--- Task to complete ---
Please repeat, from the entries that follow, the lines from the one containing "quiet_before (id == turn" through the one containing "run_worker_schedule c e" exactly, adding nothing.

(Beginning of Source data)

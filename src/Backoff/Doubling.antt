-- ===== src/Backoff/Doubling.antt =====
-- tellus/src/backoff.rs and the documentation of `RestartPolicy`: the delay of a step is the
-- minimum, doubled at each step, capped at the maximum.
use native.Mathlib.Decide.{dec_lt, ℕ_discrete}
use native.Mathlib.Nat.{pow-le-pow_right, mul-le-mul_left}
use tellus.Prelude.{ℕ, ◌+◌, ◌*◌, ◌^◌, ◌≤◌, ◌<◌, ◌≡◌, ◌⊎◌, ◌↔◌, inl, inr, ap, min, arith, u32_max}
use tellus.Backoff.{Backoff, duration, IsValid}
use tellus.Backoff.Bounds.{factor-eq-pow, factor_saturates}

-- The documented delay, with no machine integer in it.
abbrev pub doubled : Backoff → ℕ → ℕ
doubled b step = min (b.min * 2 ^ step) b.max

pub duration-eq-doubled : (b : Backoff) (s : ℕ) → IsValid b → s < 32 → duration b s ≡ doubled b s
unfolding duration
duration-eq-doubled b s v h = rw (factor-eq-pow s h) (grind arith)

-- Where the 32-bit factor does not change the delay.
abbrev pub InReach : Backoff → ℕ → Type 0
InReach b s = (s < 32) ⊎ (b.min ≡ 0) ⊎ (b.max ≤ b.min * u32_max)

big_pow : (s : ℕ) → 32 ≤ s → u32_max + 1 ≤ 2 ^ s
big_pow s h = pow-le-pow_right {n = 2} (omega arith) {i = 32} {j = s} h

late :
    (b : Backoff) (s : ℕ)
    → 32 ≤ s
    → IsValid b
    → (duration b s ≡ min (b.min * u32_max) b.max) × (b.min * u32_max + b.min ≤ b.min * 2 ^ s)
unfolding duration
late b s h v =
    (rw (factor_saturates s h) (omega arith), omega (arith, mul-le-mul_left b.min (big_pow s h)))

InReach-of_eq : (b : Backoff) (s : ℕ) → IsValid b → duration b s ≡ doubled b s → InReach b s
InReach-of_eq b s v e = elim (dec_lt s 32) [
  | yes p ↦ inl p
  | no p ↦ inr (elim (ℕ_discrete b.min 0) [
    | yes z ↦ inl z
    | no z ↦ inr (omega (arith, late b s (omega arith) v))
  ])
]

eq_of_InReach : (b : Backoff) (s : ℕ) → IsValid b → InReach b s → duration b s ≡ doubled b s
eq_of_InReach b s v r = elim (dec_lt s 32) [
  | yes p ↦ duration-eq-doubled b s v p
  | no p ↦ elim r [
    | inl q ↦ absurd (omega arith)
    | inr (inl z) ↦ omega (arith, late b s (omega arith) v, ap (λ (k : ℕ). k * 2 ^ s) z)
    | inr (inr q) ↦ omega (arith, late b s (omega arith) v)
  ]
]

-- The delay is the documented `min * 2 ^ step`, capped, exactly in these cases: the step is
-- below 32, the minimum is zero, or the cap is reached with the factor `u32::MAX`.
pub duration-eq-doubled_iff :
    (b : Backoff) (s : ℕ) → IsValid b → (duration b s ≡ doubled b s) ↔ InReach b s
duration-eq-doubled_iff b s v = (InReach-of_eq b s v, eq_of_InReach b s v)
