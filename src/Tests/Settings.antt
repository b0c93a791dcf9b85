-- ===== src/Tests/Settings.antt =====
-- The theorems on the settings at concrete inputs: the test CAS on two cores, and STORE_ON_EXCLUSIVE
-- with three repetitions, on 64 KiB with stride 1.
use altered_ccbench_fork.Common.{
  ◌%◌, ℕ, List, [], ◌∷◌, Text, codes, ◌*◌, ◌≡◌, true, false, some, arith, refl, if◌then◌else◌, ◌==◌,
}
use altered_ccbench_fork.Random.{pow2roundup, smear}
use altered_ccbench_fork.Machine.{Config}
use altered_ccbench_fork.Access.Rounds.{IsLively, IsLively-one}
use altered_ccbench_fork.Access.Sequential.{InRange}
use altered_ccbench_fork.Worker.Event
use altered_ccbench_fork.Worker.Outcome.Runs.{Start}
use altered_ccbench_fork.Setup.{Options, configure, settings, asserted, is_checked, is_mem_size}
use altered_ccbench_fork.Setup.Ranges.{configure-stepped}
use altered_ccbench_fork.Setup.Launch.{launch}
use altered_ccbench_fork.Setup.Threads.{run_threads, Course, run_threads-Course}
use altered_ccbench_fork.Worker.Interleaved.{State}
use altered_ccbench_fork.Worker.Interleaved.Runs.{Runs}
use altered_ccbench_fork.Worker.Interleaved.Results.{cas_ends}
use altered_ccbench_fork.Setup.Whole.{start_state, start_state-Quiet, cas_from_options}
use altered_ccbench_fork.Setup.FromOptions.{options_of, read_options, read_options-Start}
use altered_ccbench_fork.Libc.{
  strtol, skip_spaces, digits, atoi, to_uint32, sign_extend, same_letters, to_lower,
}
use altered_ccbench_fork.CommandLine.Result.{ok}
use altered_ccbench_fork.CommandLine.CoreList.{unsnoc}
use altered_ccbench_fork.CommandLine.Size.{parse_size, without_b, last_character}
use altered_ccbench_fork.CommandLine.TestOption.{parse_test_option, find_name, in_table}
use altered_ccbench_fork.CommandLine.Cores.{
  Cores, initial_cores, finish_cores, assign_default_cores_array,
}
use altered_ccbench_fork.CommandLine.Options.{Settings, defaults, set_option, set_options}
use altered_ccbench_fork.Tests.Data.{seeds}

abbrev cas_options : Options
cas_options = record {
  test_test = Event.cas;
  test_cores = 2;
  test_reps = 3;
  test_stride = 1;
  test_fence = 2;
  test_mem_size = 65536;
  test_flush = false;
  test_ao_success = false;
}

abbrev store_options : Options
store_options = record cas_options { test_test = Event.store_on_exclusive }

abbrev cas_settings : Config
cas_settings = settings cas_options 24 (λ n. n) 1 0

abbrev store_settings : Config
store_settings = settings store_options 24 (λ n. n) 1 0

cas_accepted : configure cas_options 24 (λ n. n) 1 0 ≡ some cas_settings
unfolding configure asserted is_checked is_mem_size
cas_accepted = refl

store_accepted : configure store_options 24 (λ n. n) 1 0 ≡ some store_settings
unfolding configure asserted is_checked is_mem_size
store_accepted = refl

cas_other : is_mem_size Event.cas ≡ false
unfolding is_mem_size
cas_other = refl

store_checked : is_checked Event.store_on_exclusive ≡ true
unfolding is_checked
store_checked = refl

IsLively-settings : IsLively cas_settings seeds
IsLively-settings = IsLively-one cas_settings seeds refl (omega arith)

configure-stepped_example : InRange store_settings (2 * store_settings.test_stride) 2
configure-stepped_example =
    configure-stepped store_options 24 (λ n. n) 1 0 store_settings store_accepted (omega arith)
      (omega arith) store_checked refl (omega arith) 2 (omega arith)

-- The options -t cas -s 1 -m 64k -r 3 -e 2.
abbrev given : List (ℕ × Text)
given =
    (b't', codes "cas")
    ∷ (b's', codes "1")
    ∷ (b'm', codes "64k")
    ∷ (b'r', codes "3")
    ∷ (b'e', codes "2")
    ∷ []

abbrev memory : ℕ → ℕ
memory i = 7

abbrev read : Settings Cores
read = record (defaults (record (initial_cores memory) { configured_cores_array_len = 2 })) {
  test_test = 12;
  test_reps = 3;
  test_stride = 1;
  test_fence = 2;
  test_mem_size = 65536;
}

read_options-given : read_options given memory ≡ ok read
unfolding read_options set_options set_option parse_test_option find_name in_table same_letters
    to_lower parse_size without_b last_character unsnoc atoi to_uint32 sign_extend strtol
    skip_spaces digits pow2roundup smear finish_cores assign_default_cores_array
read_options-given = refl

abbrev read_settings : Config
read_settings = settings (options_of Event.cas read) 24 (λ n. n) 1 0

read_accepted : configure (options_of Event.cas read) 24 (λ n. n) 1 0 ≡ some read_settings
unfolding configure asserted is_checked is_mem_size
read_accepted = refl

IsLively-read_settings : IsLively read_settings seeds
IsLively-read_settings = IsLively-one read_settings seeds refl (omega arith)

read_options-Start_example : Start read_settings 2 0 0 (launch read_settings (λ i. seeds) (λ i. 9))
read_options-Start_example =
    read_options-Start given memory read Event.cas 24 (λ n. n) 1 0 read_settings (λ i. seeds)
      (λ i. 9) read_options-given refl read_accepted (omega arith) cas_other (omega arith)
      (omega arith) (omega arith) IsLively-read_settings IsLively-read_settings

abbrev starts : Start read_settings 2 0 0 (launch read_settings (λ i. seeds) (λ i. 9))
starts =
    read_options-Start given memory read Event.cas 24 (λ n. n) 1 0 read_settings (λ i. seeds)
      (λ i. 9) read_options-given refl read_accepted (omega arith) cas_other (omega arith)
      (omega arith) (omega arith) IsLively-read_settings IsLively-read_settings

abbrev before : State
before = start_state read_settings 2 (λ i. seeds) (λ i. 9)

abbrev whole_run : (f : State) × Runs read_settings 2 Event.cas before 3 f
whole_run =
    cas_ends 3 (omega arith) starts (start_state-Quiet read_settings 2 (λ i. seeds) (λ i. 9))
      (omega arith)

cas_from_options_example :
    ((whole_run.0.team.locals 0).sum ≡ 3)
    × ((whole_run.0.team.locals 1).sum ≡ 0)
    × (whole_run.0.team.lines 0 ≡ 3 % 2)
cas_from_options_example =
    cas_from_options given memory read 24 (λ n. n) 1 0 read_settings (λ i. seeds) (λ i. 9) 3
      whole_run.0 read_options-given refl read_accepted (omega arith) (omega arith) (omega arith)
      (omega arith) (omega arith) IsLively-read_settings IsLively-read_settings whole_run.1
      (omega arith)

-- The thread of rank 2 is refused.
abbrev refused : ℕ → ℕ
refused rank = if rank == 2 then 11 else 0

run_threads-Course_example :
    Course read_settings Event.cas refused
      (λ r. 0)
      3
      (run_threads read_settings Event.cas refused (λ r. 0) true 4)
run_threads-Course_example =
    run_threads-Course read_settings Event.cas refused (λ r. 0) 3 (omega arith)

(End of Source data)
(Beginning of Source data)

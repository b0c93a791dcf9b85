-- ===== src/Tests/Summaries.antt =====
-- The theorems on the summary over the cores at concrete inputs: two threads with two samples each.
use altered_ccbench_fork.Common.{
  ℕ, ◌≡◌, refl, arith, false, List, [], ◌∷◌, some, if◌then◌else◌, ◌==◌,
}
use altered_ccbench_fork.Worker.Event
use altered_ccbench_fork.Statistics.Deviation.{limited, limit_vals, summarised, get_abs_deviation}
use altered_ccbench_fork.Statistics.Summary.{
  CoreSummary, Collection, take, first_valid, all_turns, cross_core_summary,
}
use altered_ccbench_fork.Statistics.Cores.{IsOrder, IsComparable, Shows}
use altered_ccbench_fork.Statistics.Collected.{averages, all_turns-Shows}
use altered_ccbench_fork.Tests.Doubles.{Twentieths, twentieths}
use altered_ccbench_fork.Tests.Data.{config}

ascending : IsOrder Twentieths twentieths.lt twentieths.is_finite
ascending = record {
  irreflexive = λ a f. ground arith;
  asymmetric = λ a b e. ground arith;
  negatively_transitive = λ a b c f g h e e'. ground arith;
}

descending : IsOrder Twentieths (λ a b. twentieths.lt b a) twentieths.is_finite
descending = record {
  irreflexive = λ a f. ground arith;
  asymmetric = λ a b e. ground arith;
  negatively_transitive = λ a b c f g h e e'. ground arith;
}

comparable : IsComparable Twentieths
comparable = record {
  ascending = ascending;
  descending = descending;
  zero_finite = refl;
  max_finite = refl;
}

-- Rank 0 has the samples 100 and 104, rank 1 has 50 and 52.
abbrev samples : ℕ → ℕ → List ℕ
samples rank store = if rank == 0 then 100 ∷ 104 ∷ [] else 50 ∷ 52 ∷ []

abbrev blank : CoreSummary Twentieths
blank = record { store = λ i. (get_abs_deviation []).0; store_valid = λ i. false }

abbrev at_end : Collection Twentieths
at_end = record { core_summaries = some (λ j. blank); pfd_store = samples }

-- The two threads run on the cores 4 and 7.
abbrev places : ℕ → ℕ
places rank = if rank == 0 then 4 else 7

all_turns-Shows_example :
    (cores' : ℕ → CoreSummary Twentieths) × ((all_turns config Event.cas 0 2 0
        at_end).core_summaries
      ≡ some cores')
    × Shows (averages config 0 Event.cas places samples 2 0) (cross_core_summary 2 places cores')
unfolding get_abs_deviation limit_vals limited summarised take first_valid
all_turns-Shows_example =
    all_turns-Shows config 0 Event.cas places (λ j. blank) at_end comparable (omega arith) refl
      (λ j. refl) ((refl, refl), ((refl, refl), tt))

(End of Source data)
(Beginning of Source data)

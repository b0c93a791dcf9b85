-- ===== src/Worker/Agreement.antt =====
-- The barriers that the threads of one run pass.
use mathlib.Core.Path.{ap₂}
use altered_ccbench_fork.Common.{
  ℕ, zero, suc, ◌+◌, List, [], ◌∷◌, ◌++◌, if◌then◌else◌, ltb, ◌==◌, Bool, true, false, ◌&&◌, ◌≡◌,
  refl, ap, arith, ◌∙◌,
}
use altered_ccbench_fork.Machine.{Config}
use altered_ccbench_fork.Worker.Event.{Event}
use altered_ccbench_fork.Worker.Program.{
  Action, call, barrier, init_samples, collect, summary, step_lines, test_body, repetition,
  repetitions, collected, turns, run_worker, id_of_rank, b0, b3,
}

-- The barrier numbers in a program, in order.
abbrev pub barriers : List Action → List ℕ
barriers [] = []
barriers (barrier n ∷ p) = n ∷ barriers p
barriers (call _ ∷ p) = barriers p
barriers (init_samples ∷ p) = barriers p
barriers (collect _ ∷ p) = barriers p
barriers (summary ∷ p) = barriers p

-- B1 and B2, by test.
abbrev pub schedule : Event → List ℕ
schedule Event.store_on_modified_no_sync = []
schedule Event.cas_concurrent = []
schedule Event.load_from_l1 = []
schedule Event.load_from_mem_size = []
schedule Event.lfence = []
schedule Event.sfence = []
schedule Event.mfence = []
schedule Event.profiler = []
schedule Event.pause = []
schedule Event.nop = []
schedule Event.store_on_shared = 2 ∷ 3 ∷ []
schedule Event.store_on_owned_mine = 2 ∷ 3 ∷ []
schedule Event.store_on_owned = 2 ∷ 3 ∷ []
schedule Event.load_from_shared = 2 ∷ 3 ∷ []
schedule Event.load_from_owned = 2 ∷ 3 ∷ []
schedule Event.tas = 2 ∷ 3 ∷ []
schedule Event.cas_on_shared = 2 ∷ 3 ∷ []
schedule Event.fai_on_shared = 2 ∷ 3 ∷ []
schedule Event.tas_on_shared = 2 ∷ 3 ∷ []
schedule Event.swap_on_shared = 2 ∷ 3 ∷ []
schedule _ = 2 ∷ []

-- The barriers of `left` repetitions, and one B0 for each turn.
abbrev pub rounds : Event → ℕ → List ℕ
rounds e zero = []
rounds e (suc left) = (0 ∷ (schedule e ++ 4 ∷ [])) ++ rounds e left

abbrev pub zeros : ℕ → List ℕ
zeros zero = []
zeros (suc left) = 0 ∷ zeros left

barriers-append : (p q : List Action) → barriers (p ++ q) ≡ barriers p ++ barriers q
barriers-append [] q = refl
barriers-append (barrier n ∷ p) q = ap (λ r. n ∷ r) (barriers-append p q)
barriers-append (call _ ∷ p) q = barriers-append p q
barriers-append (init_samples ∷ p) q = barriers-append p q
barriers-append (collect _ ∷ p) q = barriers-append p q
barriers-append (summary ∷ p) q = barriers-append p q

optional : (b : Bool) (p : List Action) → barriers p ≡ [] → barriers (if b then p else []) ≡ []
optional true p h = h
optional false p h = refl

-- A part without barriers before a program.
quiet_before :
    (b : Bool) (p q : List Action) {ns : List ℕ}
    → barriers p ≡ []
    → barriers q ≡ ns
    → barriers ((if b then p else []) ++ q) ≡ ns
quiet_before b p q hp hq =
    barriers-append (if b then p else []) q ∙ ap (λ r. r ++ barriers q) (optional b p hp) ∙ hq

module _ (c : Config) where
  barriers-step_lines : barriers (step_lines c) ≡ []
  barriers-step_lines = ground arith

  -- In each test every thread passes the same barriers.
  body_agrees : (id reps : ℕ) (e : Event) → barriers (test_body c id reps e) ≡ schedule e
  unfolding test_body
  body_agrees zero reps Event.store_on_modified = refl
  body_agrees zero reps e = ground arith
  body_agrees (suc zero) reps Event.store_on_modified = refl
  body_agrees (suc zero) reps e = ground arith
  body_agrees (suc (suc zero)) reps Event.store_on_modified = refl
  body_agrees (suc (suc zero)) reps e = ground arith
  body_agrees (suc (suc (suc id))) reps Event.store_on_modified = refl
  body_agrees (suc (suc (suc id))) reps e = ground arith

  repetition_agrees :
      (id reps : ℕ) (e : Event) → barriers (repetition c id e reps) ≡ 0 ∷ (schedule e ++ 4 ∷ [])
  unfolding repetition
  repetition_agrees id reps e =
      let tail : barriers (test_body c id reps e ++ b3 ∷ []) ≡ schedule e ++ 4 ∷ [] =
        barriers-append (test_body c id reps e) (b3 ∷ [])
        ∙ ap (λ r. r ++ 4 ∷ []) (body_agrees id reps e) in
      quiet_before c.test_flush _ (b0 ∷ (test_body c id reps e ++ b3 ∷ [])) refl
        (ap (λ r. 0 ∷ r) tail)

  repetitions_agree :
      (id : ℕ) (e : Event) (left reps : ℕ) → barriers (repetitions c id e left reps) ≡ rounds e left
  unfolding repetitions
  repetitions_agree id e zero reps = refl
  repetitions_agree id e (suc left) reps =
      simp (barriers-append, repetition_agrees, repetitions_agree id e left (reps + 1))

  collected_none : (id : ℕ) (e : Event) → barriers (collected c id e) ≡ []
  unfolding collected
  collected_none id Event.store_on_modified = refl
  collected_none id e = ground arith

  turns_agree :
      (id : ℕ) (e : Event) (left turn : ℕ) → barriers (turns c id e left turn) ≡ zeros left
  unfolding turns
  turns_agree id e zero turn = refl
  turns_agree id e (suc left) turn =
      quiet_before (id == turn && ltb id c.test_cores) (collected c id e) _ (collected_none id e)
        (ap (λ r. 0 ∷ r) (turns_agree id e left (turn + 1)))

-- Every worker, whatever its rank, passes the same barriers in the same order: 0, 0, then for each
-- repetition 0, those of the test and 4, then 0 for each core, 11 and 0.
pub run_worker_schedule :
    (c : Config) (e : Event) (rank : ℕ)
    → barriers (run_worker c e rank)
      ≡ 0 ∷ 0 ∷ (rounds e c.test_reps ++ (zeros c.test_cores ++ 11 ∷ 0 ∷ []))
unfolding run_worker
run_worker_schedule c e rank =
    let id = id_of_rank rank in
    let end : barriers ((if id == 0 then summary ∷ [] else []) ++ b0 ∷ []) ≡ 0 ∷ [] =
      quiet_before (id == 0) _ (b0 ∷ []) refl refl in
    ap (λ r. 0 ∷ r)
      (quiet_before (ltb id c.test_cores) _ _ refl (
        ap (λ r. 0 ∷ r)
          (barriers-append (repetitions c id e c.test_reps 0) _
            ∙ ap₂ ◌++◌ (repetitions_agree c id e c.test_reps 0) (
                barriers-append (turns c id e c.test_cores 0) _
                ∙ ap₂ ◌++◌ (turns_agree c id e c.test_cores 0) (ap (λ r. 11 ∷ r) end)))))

(End of Source data)

--- Response to the exercise ---
      quiet_before (id == turn && ltb id c.test_cores) (collected c id e) _ (collected_none id e)
        (ap (λ r. 0 ∷ r) (turns_agree id e left (turn + 1)))

-- Every worker, whatever its rank, passes the same barriers in the same order: 0, 0, then for each
-- repetition 0, those of the test and 4, then 0 for each core, 11 and 0.
pub run_worker_schedule :
    (c : Config) (e : Event) (rank : ℕ)
    → barriers (run_worker c e rank)
      ≡ 0 ∷ 0 ∷ (rounds e c.test_reps ++ (zeros c.test_cores ++ 11 ∷ 0 ∷ []))
unfolding run_worker
run_worker_schedule c e rank =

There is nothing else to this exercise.